What you are asked to do ▸
In the material below, find each line that contains the word "PaymentStatus" and copy it.

Records shown ▸

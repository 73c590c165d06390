-- ===== src/Orders/Lifecycle.antt =====
-- src/modules/orders/domain/order.entity.ts, second half: placing an order, the status machine and
-- the reconstruction of a stored order.
pub mod Trail
pub mod Stages
use tri_ad_backend.Base.{
  ℕ, Bool, true, false, not, ◌||◌, Option, none, some, List, [], ◌∷◌, ◌++◌, map, ◌==◌,
  if◌then◌else◌, length,
}
use tri_ad_backend.Base.Int.{ℤ}
use tri_ad_backend.Shared.Money.{Money, vnd}
use tri_ad_backend.Shared.Money
use tri_ad_backend.Shared.Text.{Text, Unicode}
use tri_ad_backend.Shared.ValueObjects.{new_email, new_address, new_order_number, new_phone_number}
use tri_ad_backend.Shared.Aggregate.{new_root, raise, set_version_from_persistence}
use tri_ad_backend.Shared.Events.{
  PaymentStatus, ItemSnapshot, DomainEvent, order_placed, order_status_changed, order_cancelled,
}
use tri_ad_backend.Shared.Errors.{
  OrderStatus, pending, processing, shipped, delivered, cancelled, not_pending, already_delivered,
  already_cancelled, domain, order_not_mutable, empty_order, order_already_placed,
  invalid_order_transition, order_not_cancellable, Result, ok, err, ◌>>=◌, ◌>>◌, throw_if,
}
use tri_ad_backend.Orders.Order.{Order, OrderItem, subtotal, total, same_status}

unfoldable pub snapshot : OrderItem → ItemSnapshot
snapshot i = record {
  product_id = i.product_id;
  product_name = i.product_name;
  quantity = i.quantity;
  unit_price = i.unit_price.amount;
}

abbrev pub with_event : DomainEvent → Order → Order
with_event e o = record o { root = raise e o.root }

-- The event that `place` raises for the totals that it has computed.
unfoldable pub placed_event : Order → ℕ → ℕ → DomainEvent
placed_event o sub tot = order_placed (record {
  order_id = o.id;
  user_id = o.user_id;
  order_number = o.order_number;
  customer_name = o.customer_name;
  customer_email = o.customer_email;
  payment_status = o.payment_status;
  subtotal = sub;
  tax = o.tax.amount;
  shipping_fee = o.shipping_fee.amount;
  total = tot;
  items = map snapshot o.items;
})

unfoldable pub place : Order → Result Order
place o = do
  throw_if o.has_been_placed (domain order_already_placed)
  throw_if (not (same_status o.status pending)) (domain (order_not_mutable not_pending))
  throw_if (length o.items == 0) (domain empty_order)
  sub ← subtotal o
  tot ← total o
  ok (with_event (placed_event o sub.amount tot.amount) (record o { has_been_placed = true }))

-- `ALLOWED_TRANSITIONS`
allowed_transitions : OrderStatus → List OrderStatus
allowed_transitions pending = processing ∷ cancelled ∷ []
allowed_transitions processing = shipped ∷ cancelled ∷ []
allowed_transitions shipped = delivered ∷ []
allowed_transitions delivered = []
allowed_transitions cancelled = []

includes : List OrderStatus → OrderStatus → Bool
includes [] s = false
includes (t ∷ ts) s = same_status t s || includes ts s

-- `Order.canTransition`
pub can_transition : OrderStatus → OrderStatus → Bool
unfolding allowed_transitions includes
can_transition current next = includes (allowed_transitions current) next

pub transition_status : OrderStatus → Order → Result Order
transition_status new o = do
  throw_if (not (can_transition o.status new)) (domain (invalid_order_transition o.status new))
  ok (with_event (order_status_changed o.id o.status new o.user_id) (record o { status = new }))

pub confirm : Order → Result Order
confirm = transition_status processing

pub ship : Order → Result Order
ship = transition_status shipped

pub deliver : Order → Result Order
deliver = transition_status delivered

pub cancel : Order → Result Order
cancel o = do
  throw_if (same_status o.status delivered) (domain (order_not_cancellable already_delivered))
  throw_if (same_status o.status cancelled) (domain (order_not_cancellable already_cancelled))
  c ← transition_status cancelled o
  ok (with_event (order_cancelled o.id o.user_id) c)

-- A stored item; its price is an integer by `toSafeMoneyNumber`, its quantity one that was placed.
pub record ItemRow : Type 0 where
  pub product_id : ℕ
  pub product_name : Text
  pub quantity : ℕ
  pub price : ℤ

pub record OrderData : Type 0 where
  pub id : ℕ
  pub user_id : ℕ
  pub order_number : Text
  pub status : OrderStatus
  pub created_at : ℕ
  pub customer_name : Text
  pub customer_email : Text
  pub customer_phone : Text
  pub customer_address : Text
  pub payment_method : ℕ
  pub payment_status : PaymentStatus
  pub discount_amount : ℤ
  pub shipping_fee : ℤ
  pub tax : ℤ
  pub notes : Option Text
  pub discount_code : Option Text
  pub items : List ItemRow
  pub version : Option ℕ

pub hydrate_items : List ItemRow → Result (List OrderItem)
hydrate_items [] = ok []
hydrate_items (r ∷ rs) = do
  price ← Money.create r.price vnd
  rest ← hydrate_items rs
  ok (
      record {
        product_id = r.product_id;
        product_name = r.product_name;
        quantity = r.quantity;
        unit_price = price;
      }
      ∷ rest)

with_version : Option ℕ → Order → Order
with_version none o = o
with_version (some v) o = record o { root = set_version_from_persistence v o.root }

unfoldable hydrate : Unicode → OrderData → Result Order
unfolding with_version hydrate_items
hydrate u d = do
  order_number ← new_order_number u d.order_number
  email ← new_email u d.customer_email
  phone ← new_phone_number d.customer_phone
  address ← new_address d.customer_address
  discount ← Money.create d.discount_amount vnd
  fee ← Money.create d.shipping_fee vnd
  tax ← Money.create d.tax vnd
  items ← hydrate_items d.items
  ok (
      with_version d.version (record {
        root = new_root d.id;
        user_id = d.user_id;
        order_number = order_number;
        status = d.status;
        created_at = d.created_at;
        customer_name = d.customer_name;
        customer_email = email;
        customer_phone = phone;
        customer_address = address;
        payment_method = d.payment_method;
        payment_status = d.payment_status;
        discount_amount = discount;
        shipping_fee = fee;
        tax = tax;
        notes = d.notes;
        discount_code = d.discount_code;
        items = items;
        has_been_placed = true;
      }))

Task response ▸
  PaymentStatus, ItemSnapshot, DomainEvent, order_placed, order_status_changed, order_cancelled,
  pub payment_status : PaymentStatus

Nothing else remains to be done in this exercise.